*** MATERIAL SUPPLIED ***

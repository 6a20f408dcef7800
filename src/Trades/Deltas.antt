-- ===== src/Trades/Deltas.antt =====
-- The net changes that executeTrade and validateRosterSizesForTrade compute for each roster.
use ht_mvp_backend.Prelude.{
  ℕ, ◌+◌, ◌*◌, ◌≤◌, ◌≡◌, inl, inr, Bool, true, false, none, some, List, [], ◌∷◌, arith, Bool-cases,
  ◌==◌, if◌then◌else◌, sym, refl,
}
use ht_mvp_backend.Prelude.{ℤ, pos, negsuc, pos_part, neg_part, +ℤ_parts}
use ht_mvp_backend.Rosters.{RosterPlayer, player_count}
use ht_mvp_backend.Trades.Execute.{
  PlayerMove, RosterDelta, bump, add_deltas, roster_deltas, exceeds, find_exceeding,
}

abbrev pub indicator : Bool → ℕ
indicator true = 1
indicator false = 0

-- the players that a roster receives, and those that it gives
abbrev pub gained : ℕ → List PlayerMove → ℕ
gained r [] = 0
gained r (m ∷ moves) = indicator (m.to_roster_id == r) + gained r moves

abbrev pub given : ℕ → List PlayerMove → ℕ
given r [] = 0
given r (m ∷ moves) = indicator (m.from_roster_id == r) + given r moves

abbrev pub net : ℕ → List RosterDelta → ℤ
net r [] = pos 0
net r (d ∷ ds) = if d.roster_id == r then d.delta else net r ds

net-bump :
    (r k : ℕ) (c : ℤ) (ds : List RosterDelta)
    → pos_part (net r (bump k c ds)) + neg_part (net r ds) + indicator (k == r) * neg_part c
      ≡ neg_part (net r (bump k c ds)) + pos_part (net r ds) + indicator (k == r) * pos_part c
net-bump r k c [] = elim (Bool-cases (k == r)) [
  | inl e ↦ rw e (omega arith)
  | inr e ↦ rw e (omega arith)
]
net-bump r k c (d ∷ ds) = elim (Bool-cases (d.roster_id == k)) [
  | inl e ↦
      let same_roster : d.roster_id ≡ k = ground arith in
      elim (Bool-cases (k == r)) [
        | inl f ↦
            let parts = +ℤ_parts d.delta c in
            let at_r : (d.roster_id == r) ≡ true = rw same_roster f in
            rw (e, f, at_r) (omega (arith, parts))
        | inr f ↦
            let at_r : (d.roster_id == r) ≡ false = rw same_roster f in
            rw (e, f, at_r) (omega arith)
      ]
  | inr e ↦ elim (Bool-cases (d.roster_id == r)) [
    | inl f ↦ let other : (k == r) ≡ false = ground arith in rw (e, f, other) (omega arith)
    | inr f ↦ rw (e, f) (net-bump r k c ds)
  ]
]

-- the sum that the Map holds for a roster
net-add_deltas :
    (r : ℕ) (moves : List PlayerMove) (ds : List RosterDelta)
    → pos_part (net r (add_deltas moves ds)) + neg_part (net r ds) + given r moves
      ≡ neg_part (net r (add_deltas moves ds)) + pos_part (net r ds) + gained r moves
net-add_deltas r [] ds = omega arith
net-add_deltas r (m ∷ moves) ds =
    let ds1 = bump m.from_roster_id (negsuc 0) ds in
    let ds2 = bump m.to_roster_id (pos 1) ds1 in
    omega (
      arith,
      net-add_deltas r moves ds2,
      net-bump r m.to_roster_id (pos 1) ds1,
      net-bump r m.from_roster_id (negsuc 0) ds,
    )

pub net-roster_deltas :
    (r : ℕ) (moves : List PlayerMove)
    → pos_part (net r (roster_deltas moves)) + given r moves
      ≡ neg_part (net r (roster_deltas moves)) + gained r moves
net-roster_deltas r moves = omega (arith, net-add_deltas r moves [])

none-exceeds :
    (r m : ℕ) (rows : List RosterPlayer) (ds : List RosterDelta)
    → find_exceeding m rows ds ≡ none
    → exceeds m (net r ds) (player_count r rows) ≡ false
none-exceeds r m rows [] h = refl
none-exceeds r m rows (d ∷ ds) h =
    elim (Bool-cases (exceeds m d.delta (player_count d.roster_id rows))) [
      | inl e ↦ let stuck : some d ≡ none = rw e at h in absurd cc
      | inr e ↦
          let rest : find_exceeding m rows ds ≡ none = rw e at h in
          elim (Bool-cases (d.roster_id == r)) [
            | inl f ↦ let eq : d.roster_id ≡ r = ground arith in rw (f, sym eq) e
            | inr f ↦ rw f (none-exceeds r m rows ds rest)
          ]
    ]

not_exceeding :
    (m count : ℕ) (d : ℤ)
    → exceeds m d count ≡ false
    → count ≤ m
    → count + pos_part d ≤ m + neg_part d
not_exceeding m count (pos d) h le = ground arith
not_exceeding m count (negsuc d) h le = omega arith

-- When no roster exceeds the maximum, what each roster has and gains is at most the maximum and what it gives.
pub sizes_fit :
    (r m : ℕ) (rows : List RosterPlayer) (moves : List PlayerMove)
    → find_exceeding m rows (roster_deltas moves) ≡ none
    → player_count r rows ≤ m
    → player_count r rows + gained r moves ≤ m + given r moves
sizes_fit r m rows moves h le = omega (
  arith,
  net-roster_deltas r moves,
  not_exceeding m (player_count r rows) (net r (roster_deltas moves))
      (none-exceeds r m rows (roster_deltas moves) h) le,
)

***

* _TASK DESCRIPTION_
Which of the lines in the material above contain "negsuc"? Copy each one out.

* _TASK SOLUTION_
use ht_mvp_backend.Prelude.{ℤ, pos, negsuc, pos_part, neg_part, +ℤ_parts}
    let ds1 = bump m.from_roster_id (negsuc 0) ds in
      net-bump r m.from_roster_id (negsuc 0) ds,
not_exceeding m count (negsuc d) h le = omega arith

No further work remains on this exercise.